Distributed Estimation over Directed Graphs Resilient to Sensor Spoofing
01-01-2023, Bhattacharyya, Shamik, Rokade, Kiran, Rachel Kalpana Kalaimani
This paper addresses the problem of distributed estimation of an unknown dynamic parameter by a multi-agent system over a directed communication network in the presence of an adversarial attack on the agents' sensors. The mode of attack of the adversaries is to corrupt the sensor measurements of some of the agents, while the communication and information processing capabilities of those agents remain unaffected. To ensure that all the agents, both normal as well as those under attack, are able to correctly estimate the parameter value, the Resilient Estimation through Weight Balancing (REWB) algorithm is introduced. The only condition required for the REWB algorithm to guarantee resilient estimation is that at any given point in time, less than half of the total number of agents are under attack. The paper discusses the development of the REWB algorithm using the concepts of weight balancing of directed graphs, and the consensus+innovations approach for linear estimation. Numerical simulations are presented to illustrate the performance of our algorithm over directed graphs under different conditions of adversarial attacks.
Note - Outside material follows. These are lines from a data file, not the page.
-- ===== src/Ingestion/Interleaving/Calls.antt =====
-- What the steps of a handler do to the database, and what they report of it.
use webhook_idp.Common.{
  ℕ, ◌+◌, ◌≤◌, ◌≡◌, refl, ap, ◌∙◌, true, false, Option, none, some, List, [], ◌∷◌, ◌++◌, inl, inr,
  arith, Bool-cases, Option-cases,
}
use webhook_idp.Common.Text.{Text, ◌===◌, ===_iff}
use webhook_idp.Common.Exec.{ok, map_err, Result-cases}
use webhook_idp.Common.State.{Exec, lift, ◌>>=◌}
use webhook_idp.Ingestion.Inbox.{Json, InboxRecord, tenant_id_from_string, event_type_from_string}
use webhook_idp.Ingestion.Store.{Exception, domain, InboxRepository, InboxRecordDoc}
use webhook_idp.Ingestion.Ingest.{
  IngestEventInput, World, resolve_dedup_key, resolve_correlation_id,
}
use webhook_idp.Ingestion.Runtime.{Validators, ConsumeMessage, parse_envelope}
use webhook_idp.Ingestion.Ending.{correlation-db}
use webhook_idp.Ingestion.Guarantees.{upsert-there}
use webhook_idp.Ingestion.Interleaving.{prepare_record, prepare, inserts, sum}

module _ {ℓ} {A : Type ℓ} where
  pub sum-append : (f : A → ℕ) (xs ys : List A) → sum f (xs ++ ys) ≡ sum f xs + sum f ys
  unfolding sum
  sum-append f [] ys = omega arith
  sum-append f (x ∷ xs) ys = omega (arith, sum-append f xs ys)

module _ {Db A B : Type 0} where
  -- A chain of runs that do not touch the database does not.
  bind-db :
      (m : Exec (World Db) Exception A) (f : A → Exec (World Db) Exception B)
      → ((w : World Db) → (m w).1.db ≡ w.db)
      → ((a : A) (w : World Db) → (f a w).1.db ≡ w.db)
      → (w : World Db) → ((m >>= f) w).1.db ≡ w.db
  bind-db m f h k w = elim (Result-cases (m w).0) [
    | inl (a, returned) ↦ rw returned (k a (m w).1 ∙ h w)
    | inr (e, thrown) ↦ rw thrown (h w)
  ]

-- The number of documents in a place.
abbrev pub held : Option InboxRecordDoc → ℕ
held none = 0
held (some doc) = 1

module _ (repo : InboxRepository) where
  prepare_record-db :
      (input : IngestEventInput) (w : World repo.Db) → (prepare_record input w).1.db ≡ w.db
  unfolding prepare_record
  prepare_record-db input =
      bind-db (lift (resolve_dedup_key input.event_id input.broker_message_id)) _ (λ w. refl)
        λ key.
          bind-db (resolve_correlation_id input.correlation_id) _
            (correlation-db repo input.correlation_id)
            λ correlation.
              bind-db (lift (map_err domain (tenant_id_from_string input.tenant_id))) _ (λ w. refl)
                λ tenant.
                  bind-db (lift (map_err domain (event_type_from_string input.event_type))) _
                    (λ w. refl) λ type w. refl

  -- A document is stored under the key.
  abbrev pub IsStored : repo.Db → Text → Type 0
  IsStored db key = (doc : InboxRecordDoc) × (repo.stored db key ≡ some doc)

  held-kept :
      (key : Text) (r : InboxRecord) (db : repo.Db)
      → held (repo.stored db key) ≤ held (repo.stored (repo.upsert_by_dedup_key r db).1 key)
  held-kept key r db = elim (Option-cases (repo.stored db key)) [
    | inl nothing ↦ rw nothing (omega arith)
    | inr (doc, there) ↦ rw (there, repo.upsert-keeps r db key doc there) (omega arith)
  ]

  held_of_inserted :
      (key : Text) (r : InboxRecord) (db : repo.Db)
      → (repo.upsert_by_dedup_key r db).0 ≡ ok true
      → key ≡ r.dedup_key.value
      → (held (repo.stored db key) ≡ 0)
        × (held (repo.stored (repo.upsert_by_dedup_key r db).1 key) ≡ 1)
  held_of_inserted key r db done same =
      let (doc, there, _) = upsert-there repo r db true done in
      let before = (repo.upsert-inserted r db true done).0 refl in
      (
        ap held (ap (repo.stored db) same ∙ before),
        ap held (ap (repo.stored (repo.upsert_by_dedup_key r db).1) same ∙ there),
      )

  -- A call of the database reports an insertion only where it fills an empty place.
  pub fills :
      (key : Text) (r : InboxRecord) (db : repo.Db)
      → inserts key r (repo.upsert_by_dedup_key r db).0 + held (repo.stored db key)
        ≤ held (repo.stored (repo.upsert_by_dedup_key r db).1 key)
  unfolding inserts
  fills key r db =
      let kept = held-kept key r db in
      elim (Result-cases (repo.upsert_by_dedup_key r db).0) [
        | inr (e, thrown) ↦ rw thrown (omega (arith, kept))
        | inl (false, done) ↦ rw done (omega (arith, kept))
        | inl (true, done) ↦ elim (Bool-cases (key === r.dedup_key.value)) [
          | inl same ↦
              let (before, after) =
                held_of_inserted key r db done ((===_iff key r.dedup_key.value).0 same) in
              rw (done, same) (omega (arith, before, after))
          | inr other ↦ rw (done, other) (omega (arith, kept))
        ]
      ]

  module _ (v : Validators) (json_parse : Text → Option Json) where
    pub prepare-db :
        (msg : ConsumeMessage) (w : World repo.Db) → (prepare v json_parse repo msg w).1.db ≡ w.db
    unfolding prepare
    prepare-db msg w = elim (Option-cases (json_parse msg.content)) [
      | inl nothing ↦ rw (prepare, nothing) refl
      | inr (body, parsed) ↦ elim (Result-cases (parse_envelope v body)) [
        | inl (envelope, valid) ↦ rw (prepare, parsed, valid) (prepare_record-db _ w)
        | inr (e, invalid) ↦ rw (prepare, parsed, invalid) refl
      ]
    ]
Optimizing network topology for average controllability
01-12-2021, Srighakollapu, Manikya Valli, Rachel Kalpana Kalaimani, Ramakrishna Pasumarthy
We address the problem of identifying a network topology of a networked system for maximizing a controllability measure, the average controllability under constraints on the number of links in the network. We consider networked systems consisting of subsystems with higher-order discrete-time linear time-invariant dynamics. We show that the average controllability is a monotone increasing supermodular function of a set of links in the networked system. Since maximizing such a function with cardinality constraints is an NP-hard problem, we analyze the performance guarantees obtained from the greedy algorithm for maximizing non-submodular set functions in terms of supermodular curvature. We show that the lower bound obtained for the greedy algorithm becomes trivial as the number of subsystems in the networked system increases. Hence, we propose two heuristic algorithms to solve the optimization problem and numerically demonstrate the efficiency of the proposed heuristics in terms of computational complexity and performance improvement in average controllability.